I don't use the smooth bottom board. They're all from the laminated particle chip boards.


----------



## GusK (Jan 24, 2013)

CrMax said:


> I haven't seen anything about shelf life after being mixed. I also haven't been able to find any one place with extensive info. I think it pretty much in experimental stage? Most info. I have found is from Argentina


I would be interested in the shelf life as well. I experimented with this a few months ago, but stopped the experiment as my varroa levels were way too high and went with another treatment instead. No bee kill was observed with the oxalic strips.

Nonetheless, I kept the mixture in a jar, and then put it in the refrigerator. The oxalic re-crystalized - it looked like slush, but when I put the jar in a hot pot of water, it quickly dissolved again. I still have that jar.


----------



## jwcarlson (Feb 14, 2014)

Does anyone know how this method works? Is it a contact method where the bees have to brush against the strips? Does it "off gas"? If so how's that possible at standard hive temperatures? I've got everything but the cardboard, I think I'll try it on some nucs.


----------



## crofter (May 5, 2011)

I'm glad you asked JW; I was wondering too. Thought it could be ingesting the OA as they chew up the strip.


----------



## jwcarlson (Feb 14, 2014)

crofter said:


> I'm glad you asked JW; I was wondering too. Thought it could be ingesting the OA as they chew up the strip.

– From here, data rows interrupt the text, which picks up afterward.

-- ===== src/Auth/Users/Checks.antt =====
-- The checks that a request to the service of users makes, and the deletion of a user.
use komachi.Base.{
  ℕ, ◌≡◌, Bool, true, false, some, not, ◌&&◌, ◌||◌, ◌==◌, Text, pure, raise, ◌>>=◌, eqb, leb, ltb,
  if◌then◌else◌, arith,
}
use komachi.Auth.Users.Store
use komachi.Auth.Users.Store.{
  User, Users, UserError, Setup, World, Call, Statement, statement, select, select_count, insert,
  update_row, delete_row, remove, find, count, has_id, has_role, is_counted, is_valid_role,
  role_admin, role_editor, last_admin_cannot_be_demoted, already_exists, failed,
  editor_limit_reached, admin_cannot_be_deleted, count_editor_users, count_admin_users,
}
use komachi.Auth.Users.Transactions.{check_editor_limit, limit_reached}
use komachi.Auth.Users.Rules.{
  Keeps, Leaves, Relies, IsAlone, IsAlone-Relies, pure-Leaves, raise-Leaves, bind-Leaves,
  statement-Leaves, weaker-Leaves, require-Leaves, require_then, select-Leaves, lookup-Leaves,
  lookup_user-Leaves, select_count-Leaves,
}
use komachi.Auth.Users.Edits.{delete_in_store, check_demotion, check_promotion, more_than_one}

module _ (I P : Users → Type 0) (c : Setup) (rely : Relies P c)
    (weaken : (rows : Users) → P rows → I rows) where
  limit_reached-Leaves : (n : ℕ) → Leaves I P (limit_reached c.editor_limit n) (λ _. P)
  limit_reached-Leaves n = choice (leb c.editor_limit n)
    where
      choice : (b : Bool) → Leaves I P (if b then raise editor_limit_reached else pure tt) (λ _. P)
      choice true = raise-Leaves I weaken
      choice false = pure-Leaves I (λ rows p. p)

  pub count_editors-Leaves :
      Leaves I P (count_editor_users c) (λ n rows. P rows × (n ≡ count is_counted rows))
  count_editors-Leaves = select_count-Leaves I P c rely is_counted weaken

  pub check_editor_limit-Leaves : (role : Text) → Leaves I P (check_editor_limit c role) (λ _. P)
  unfolding check_editor_limit
  check_editor_limit-Leaves role =
      choice (eqb c.editor_limit 0 || not ((role == role_admin) || (role == role_editor)))
    where
      choice :
          (b : Bool)
          → Leaves I P
              (if b then pure tt else count_editor_users c >>= limit_reached c.editor_limit)
              (λ _. P)
      choice true = pure-Leaves I (λ rows p. p)
      choice false =
          bind-Leaves I (weaker-Leaves I count_editors-Leaves (λ n rows h. h.0))
            limit_reached-Leaves

  pub check_demotion-Leaves :
      (u : User) (role : Text) → Leaves I P (check_demotion c u role) (λ _. P)
  unfolding check_demotion
  check_demotion-Leaves u role = choice (has_role role_admin u && not (role == role_admin))
    where
      more : (n : ℕ) → Leaves I P (more_than_one n) (λ _. P)
      more n =
          weaker-Leaves I (require-Leaves I (ltb 1 n) last_admin_cannot_be_demoted weaken)
            (λ _ rows h. h.0)

      choice :
          (b : Bool)
          → Leaves I P (if b then count_admin_users c >>= more_than_one else pure tt) (λ _. P)
      choice false = pure-Leaves I (λ rows p. p)
      choice true =
          bind-Leaves I
            (weaker-Leaves I (select_count-Leaves I P c rely (has_role role_admin) weaken)
              (λ n rows h. h.0))
            more

  pub check_promotion-Leaves :
      (u : User) (role : Text) → Leaves I P (check_promotion c u role) (λ _. P)
  unfolding check_promotion
  check_promotion-Leaves u role = choice (is_counted u)
    where
      choice : (b : Bool) → Leaves I P (if b then pure tt else check_editor_limit c role) (λ _. P)
      choice true = pure-Leaves I (λ rows p. p)
      choice false = check_editor_limit-Leaves role

-- Where no other request writes, a user who is deleted is the one who was looked up.
module _ (I : Users → Type 0) (c : Setup) (alone : IsAlone c)
    (removes : (id : Text) (u : User) (rows : Users)
      → find (has_id id) rows ≡ some u
      → has_role role_admin u ≡ false
      → I rows
      → I (remove (has_id id) rows)) where
  Looked : Text → User → Users → Type 0
  Looked id u rows = I rows × (find (has_id id) rows ≡ some u)

  erased-Leaves :
      (id : Text) (u : User)
      → has_role role_admin u ≡ false
      → Leaves I (Looked id u) (Store.delete_user c id) (λ _. I)
  unfolding Store.delete_user delete_row Looked
  erased-Leaves id u other =
      bind-Leaves I
        (lookup-Leaves I (Looked id u) c (IsAlone-Relies c (Looked id u) alone) (has_id id)
          (λ rows h. h.0))
        λ _.
          statement-Leaves I c (delete_row id) (IsAlone-Relies c (Looked id u) alone)
            (λ rows h. h.0) (λ rows h. removes id u rows h.1 other h.0)

  pub delete_in_store-Keeps : (id : Text) → Keeps I (delete_in_store id c)
  unfolding delete_in_store Looked
  delete_in_store-Keeps id =
      bind-Leaves I
        (lookup_user-Leaves I
          (select-Leaves I I c (IsAlone-Relies c I alone) (has_id id) (λ rows i. i))
          (λ u rows h. h.0))
        λ u.
          require_then I (not (has_role role_admin u)) admin_cannot_be_deleted (λ rows h. h.0)
            λ other. erased-Leaves id u (ground arith)
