-- ===== src/Blobstore/Sharding.antt =====
-- The choice of a backend by the hash of a digest: pkg/blobstore/sharding/weighted_shard_permuter.go, and
-- getBackend of sharding_blob_access.go. The pseudo-random sequence is that of another package.
pub mod Search
pub mod Backend
pub mod Access
pub mod Refinement
use Prim.Native.Nat.{bit_xor}
use bazel_buildbarn.Prelude.{
  ℕ, zero, suc, ◌+◌, ◌-◌, ◌*◌, ◌/◌, ◌%◌, ◌^◌, List, [], ◌∷◌, Option, none, some, Bool, true, false,
  ◌&&◌, leb, ltb, ◌==◌, if◌then◌else◌, length, get_elem?, get_or, drop,
}
use bazel_buildbarn.Prelude.Word.{add64, mul64}
use bazel_buildbarn.Prelude.Utf8.{runes}
use bazel_buildbarn.Util.Digest.{Digest, KeyFormat, get_key}

-- The loop of NewWeightedShardPermuter
accumulate : ℕ → List ℕ → List ℕ
accumulate total [] = []
accumulate total (w ∷ ws) = add64 total w ∷ accumulate (add64 total w) ws

unfoldable pub cumulative_weights : List ℕ → List ℕ
unfolding accumulate
cumulative_weights weights = accumulate 0 weights

-- sort.Search, between `i` and `j`; the fuel is never used up.
unfoldable pub search_between : ℕ → (ℕ → Bool) → ℕ → ℕ → ℕ
search_between zero f i j = i
search_between (suc fuel) f i j =
    let h = (i + j) / 2 in
    let left = search_between fuel f i h in
    let right = search_between fuel f (h + 1) j in
    if ltb i j then (if f h then left else right) else i

-- `slot < s.cumulativeWeights[i]`
abbrev pub slot_below : List ℕ → ℕ → ℕ → Bool
slot_below cumulative slot i = ltb slot (get_or cumulative i 0)

unfoldable pub shard_of_slot : List ℕ → ℕ → ℕ
shard_of_slot cumulative slot =
    search_between (length cumulative) (slot_below cumulative slot) 0 (length cumulative)

-- The last cumulative weight.
abbrev pub total_weight : List ℕ → ℕ
total_weight [] = 0
total_weight (w ∷ []) = w
total_weight (w ∷ v ∷ ws) = total_weight (v ∷ ws)

module _ (sequence : ℕ → ℕ → ℕ) where
  -- The loop of GetShard with the selector of getBackend, from the number `i` of the sequence on. With
  -- fuel for so many shards; the source goes on for ever if all shards are drained.
  unfoldable pub select : ℕ → ℕ → List ℕ → (ℕ → Bool) → ℕ → Option ℕ
  select zero seed cumulative drained i = none
  select (suc fuel) seed cumulative drained i =
      let index = shard_of_slot cumulative (sequence seed i % total_weight cumulative) in
      let rest = select fuel seed cumulative drained (i + 1) in
      if drained index then rest else some index

  unfoldable pub get_shard : ℕ → List ℕ → (ℕ → Bool) → ℕ → Option ℕ
  get_shard fuel cumulative drained hash =
      select fuel (if hash == 0 then 1 else hash) cumulative drained 0

-- FNV-1a over the characters of the key
hash_runes : ℕ → List ℕ → ℕ
hash_runes h [] = h
hash_runes h (c ∷ cs) = hash_runes (mul64 (bit_xor h c) 1099511628211) cs

unfoldable pub hash_key : ℕ → List ℕ → ℕ
unfolding hash_runes
hash_key initialization key = hash_runes initialization (runes key)

pub record ShardingBlobAccess : Type 0 where
  pub cumulative : List ℕ
  pub drained : ℕ → Bool
  pub key_format : KeyFormat
  pub hash_initialization : ℕ

-- getBackend: the index of the backend
unfoldable pub get_backend : (ℕ → ℕ → ℕ) → ℕ → ShardingBlobAccess → Digest → Option ℕ
get_backend sequence fuel ba digest =
    get_shard sequence fuel ba.cumulative ba.drained
      (hash_key ba.hash_initialization (get_key digest ba.key_format))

What I read about it in Randy Olivers ABJ article it didn't sound like the bees touched the strip much at all. In fact, he cautioned several times that the strips needed to be removed by the beekeeper in a timely fashion so as not to possibly build up a resistance like what happened with Amitraz (I think that's the right one?) and coumaphos.


----------



## crofter (May 5, 2011)

Why resistance with this method of intake when there is at least allegedly no resistance developing in twenty or so years with sublimed OA treatments?


----------



## jwcarlson (Feb 14, 2014)

crofter said:


> Why resistance with this method of intake when there is at least allegedly no resistance developing in twenty or so years with sublimed OA treatments?


No idea, Frank. But Randy stressed it at least twice probably three times in his article. And it wasn't really that big of a part in his article. His numbers said 90% kill with the cardboard strips prepared as the picture I attached earlier states.

If it works that well, it absolutely blows the freaking doors off of vaporization so far as I'm concerned. Pop these in and take them off one brood cycle later...? Sign me up.


----------



## CrMax (Aug 23, 2015)

From article everyone seems to be getting info from.. It is thought it is from contact with strips.. the bees also chew the paper still containing OA and carrying it out the hive. This would also play in OA through the hive. 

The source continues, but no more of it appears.